When my husband and I were first dating, we went skiing on a very bright sunny day. As we were heading up a ski lift, he asked me to give him an art lesson since he is an engineer and knew I was an artist. I responded by looking down on a row of pine trees that were below us and were casting beautiful shadows from the sun. I said, “ok, what color are the shadows?” He seemed confident when he answered, “they are grey”. I said, “ok, this is your first art lesson… grey is not a color”.

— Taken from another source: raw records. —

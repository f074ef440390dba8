-- ===== src/Tunnel/Server/Isolation.antt =====
-- What a public request can do to the server's tables: it can lose a broken control, and no more.
use mylittleproxy.Base.{
  ℕ, Bytes, ◌≡◌, refl, Option, none, some, Result-cases, Option-cases, Bool-cases, inl, inr,
  is_empty, arith, lookup, lookup-delete, List,
}
use mylittleproxy.Proto
use mylittleproxy.Std.Text.{to_lower}
use mylittleproxy.Tunnel.Regexp.{Regexp}
use mylittleproxy.Tunnel.Errors.{Error}
use mylittleproxy.Tunnel.Server.{Server, Effect, emit, get_session, delete_control, close_control}
use mylittleproxy.Tunnel.Server.Connect.{Request}
use mylittleproxy.Tunnel.Server.Handshake.{Accept}
use mylittleproxy.Tunnel.Server.Dial.{DialIo, dial, request_stream, finish_dial}
use mylittleproxy.Tunnel.Server.Exchange.{
  Writer, PublicIo, upgrade_on, handle_ws_conn, exchange, fresh,
}
use mylittleproxy.Tunnel.Server.Public.{
  tunnel_request, rewrite_request, find_identifier, handle_http, public_handler, is_websocket_conn,
  with_bad_gateway,
}

-- Nothing is registered: sessions, hosts, states, callbacks and settings are the same, and each
-- control that is found was found before.
pub record RegistersNothing {R : Type 0} (s t : Server R) : Type 0 where
  pub same_settings : t.settings ≡ s.settings
  pub same_sessions : t.sessions ≡ s.sessions
  pub same_hosts : t.virtual_hosts ≡ s.virtual_hosts
  pub same_states : t.states ≡ s.states
  pub same_on_connect : t.on_connect_callbacks ≡ s.on_connect_callbacks
  pub same_on_disconnect : t.on_disconnect_callbacks ≡ s.on_disconnect_callbacks
  pub old_controls :
      (id : Bytes) (p : ℕ) → lookup id t.controls ≡ some p → lookup id s.controls ≡ some p

module _ {R : Type 0} where
  RegistersNothing-refl : (s : Server R) → RegistersNothing s s
  RegistersNothing-refl s = record {
    same_settings = refl;
    same_sessions = refl;
    same_hosts = refl;
    same_states = refl;
    same_on_connect = refl;
    same_on_disconnect = refl;
    old_controls = λ id p e. e;
  }

  finish_dial-RegistersNothing :
      (a : Accept) (ct : ℕ) (id : Bytes) (e : Option Error) (s t : Server R)
      → RegistersNothing s t
      → RegistersNothing s (finish_dial a ct id e t).1
  unfolding delete_control close_control
  finish_dial-RegistersNothing a ct id none s t v = v
  finish_dial-RegistersNothing a ct id (some e) s t v = record {
    same_settings = v.same_settings;
    same_sessions = v.same_sessions;
    same_hosts = v.same_hosts;
    same_states = v.same_states;
    same_on_connect = v.same_on_connect;
    same_on_disconnect = v.same_on_disconnect;
    old_controls = λ j p f. v.old_controls j p (ground (arith, lookup-delete id j t.controls));
  }

  dial-RegistersNothing :
      (d : DialIo) (id : Bytes) (protocol port : ℕ) (s : Server R)
      → RegistersNothing s (dial d id protocol port s).1
  unfolding dial request_stream
  dial-RegistersNothing d id protocol port s = elim (Option-cases (lookup id s.controls)) [
    | inl n ↦ rw (n, dial) (RegistersNothing-refl s)
    | inr (ct, l) ↦ elim (Result-cases (get_session id s)) [
      | inr (e, m) ↦ rw (l, m, dial) (RegistersNothing-refl s)
      | inl (session, m) ↦
          rw (l, m, dial)
            (finish_dial-RegistersNothing d.accept ct id _ s _ (record {
              same_settings = refl;
              same_sessions = refl;
              same_hosts = refl;
              same_states = refl;
              same_on_connect = refl;
              same_on_disconnect = refl;
              old_controls = λ j p e. e;
            }))
    ]
  ]

  emit-RegistersNothing :
      (es : List Effect) (s t : Server R) → RegistersNothing s t → RegistersNothing s (emit es t)
  emit-RegistersNothing es s t v = record {
    same_settings = v.same_settings;
    same_sessions = v.same_sessions;
    same_hosts = v.same_hosts;
    same_states = v.same_states;
    same_on_connect = v.same_on_connect;
    same_on_disconnect = v.same_on_disconnect;
    old_controls = v.old_controls;
  }

  upgrade_on-RegistersNothing :
      (p : PublicIo) (r : Request) (conn : ℕ) (id : Bytes) (port : ℕ) (s : Server R)
      → RegistersNothing s (upgrade_on p r conn id port s).1
  unfolding upgrade_on
  upgrade_on-RegistersNothing p r conn id port s =
      let d = dial-RegistersNothing p.dial id Proto.ws port s in
      elim (Result-cases (dial p.dial id Proto.ws port s).0) [
        | inr (e, f) ↦ rw (f, upgrade_on) d
        | inl (stream, f) ↦ rw (f, upgrade_on) (emit-RegistersNothing _ s _ d)
      ]

  handle_ws_conn-RegistersNothing :
      (p : PublicIo) (r : Request) (id : Bytes) (port : ℕ) (w : Writer) (s : Server R)
      → RegistersNothing s (handle_ws_conn p r id port w s).2
  unfolding handle_ws_conn
  handle_ws_conn-RegistersNothing p r id port w s = elim (Bool-cases p.is_hijacker) [
    | inr n ↦ rw (n, handle_ws_conn) (RegistersNothing-refl s)
    | inl y ↦ elim (Result-cases p.hijack) [
      | inr (e, k) ↦ rw (y, k, handle_ws_conn) (RegistersNothing-refl s)
      | inl (conn, k) ↦ rw (y, k, handle_ws_conn) (upgrade_on-RegistersNothing p r conn id port s)
    ]
  ]

  exchange-RegistersNothing :
      (p : PublicIo) (r : Request) (stream : ℕ) (w : Writer) (s t : Server R)
      → RegistersNothing s t
      → RegistersNothing s (exchange p r stream w t).2
  unfolding exchange
  exchange-RegistersNothing p r stream w s t v = elim (Option-cases p.write_request) [
    | inr (e, k) ↦ rw (k, exchange) (emit-RegistersNothing _ s t v)
    | inl k ↦ elim (Result-cases p.read_response) [
      | inr (e, m) ↦ rw (k, m, exchange) (emit-RegistersNothing _ s t v)
      | inl (resp, m) ↦ rw (k, m, exchange) (emit-RegistersNothing _ s t v)
    ]
  ]

  tunnel_request-RegistersNothing :
      (p : PublicIo) (r : Request) (id : Bytes) (w : Writer) (s : Server R)
      → RegistersNothing s (tunnel_request p r id w s).2
  unfolding tunnel_request
  tunnel_request-RegistersNothing p r id w s = elim (Bool-cases (is_websocket_conn r)) [
    | inl y ↦ rw (y, tunnel_request) (handle_ws_conn-RegistersNothing p r id 0 w s)
    | inr n ↦
        let d = dial-RegistersNothing p.dial id Proto.http 0 s in
        elim (Result-cases (dial p.dial id Proto.http 0 s).0) [
          | inr (e, f) ↦ rw (n, f, tunnel_request) d
          | inl (stream, f) ↦
              rw (n, f, tunnel_request) (exchange-RegistersNothing p r stream w s _ d)
        ]
  ]

module _ (re : Regexp) where
  open re use {Regex}

  handle_http-RegistersNothing :
      (p : PublicIo) (r : Request) (w : Writer) (s : Server Regex)
      → RegistersNothing s (handle_http re p r w s).2
  unfolding handle_http
  handle_http-RegistersNothing p r w s = elim (Bool-cases (is_empty (to_lower r.host))) [
    | inl y ↦ rw (y, handle_http) (RegistersNothing-refl s)
    | inr n ↦ elim (Option-cases (find_identifier (to_lower r.host) s.virtual_hosts)) [
      | inl f ↦ rw (n, f, handle_http) (RegistersNothing-refl s)
      | inr (id, f) ↦ elim (Option-cases (rewrite_request re r id s.virtual_hosts)) [
        | inl g ↦ rw (n, f, g, handle_http) (RegistersNothing-refl s)
        | inr (r', g) ↦ rw (n, f, g, handle_http) (tunnel_request-RegistersNothing p r' id w s)
      ]
    ]
  ]

  with_bad_gateway-RegistersNothing :
      (s : Server Regex) (t : Option Error × Writer × Server Regex)
      → RegistersNothing s t.2
      → RegistersNothing s (with_bad_gateway re t).1
  with_bad_gateway-RegistersNothing s (none, w, u) v = v
  with_bad_gateway-RegistersNothing s (some e, w, u) v = v

  -- Whatever a request on the public handler is, a control request too, and whatever the calls that
  -- it makes return, it registers nothing: the sessions, the hosts, the states, the callbacks and
  -- the settings stay as they were, and every control that is there afterwards was there before.
  pub public_handler-RegistersNothing :
      (director : Option (Request → Request)) (p : PublicIo) (r : Request) (s : Server Regex)
      → RegistersNothing s (public_handler re director p r s).1
  unfolding public_handler
  public_handler-RegistersNothing director p r s =
      with_bad_gateway-RegistersNothing s _ (handle_http-RegistersNothing p _ fresh s)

Over the years he has come to see the amount of color that can be present in shadows and more importantly, the variety that can reside there. But when I say that grey is not a color, I mean that- it doesn’t exist. Artists frequently talk about neutral colors, and then we think of “greys,” but I don’t like to think like that, and there are many artists that believe there is no such thing as a “neutral color”. I am one of them. We believe that there is always a color dominance to any color mixture or even any “greyed-out” stick.

Here is why…..


I picked a “grey stick” to put across these different papers. Something amazing happens! The exact same stick appears to change color and value as it goes across the different surfaces. (as if color wasn’t hard enough). The color looks orange on black paper, darker yellow on the white, orange-y on the blue paper and green on the brown paper. It looks like a darker green on the lime-green paper. So the surrounding colors and values can even throw it into a different hue! Mind blown.

Ever pick up a stick and think it is green and then it looks pinkish on your painting? This weird law of nature is color relativity and why I don’t believe in formulas for painting skin tones or trees, or whatever. Every color is relative to it’s surroundings…….

In a color wheel, there are ideally 12 color hues or “families.” ( I know we all learned the 7 colors of the rainbow as a kid, but there are 12…). Grey is not one of them. Grey tends to represent the very “dirtied” versions of the twelve, but it doesn’t have it’s own color family. (Artists call this type of color low-chroma) In my workshop, when someone asks should they place “grey” into a painting, I say “Which grey? A purple-grey, a blue-grey, an orange-grey? And depending on where it is placed, or what colors are next to it, it may change color!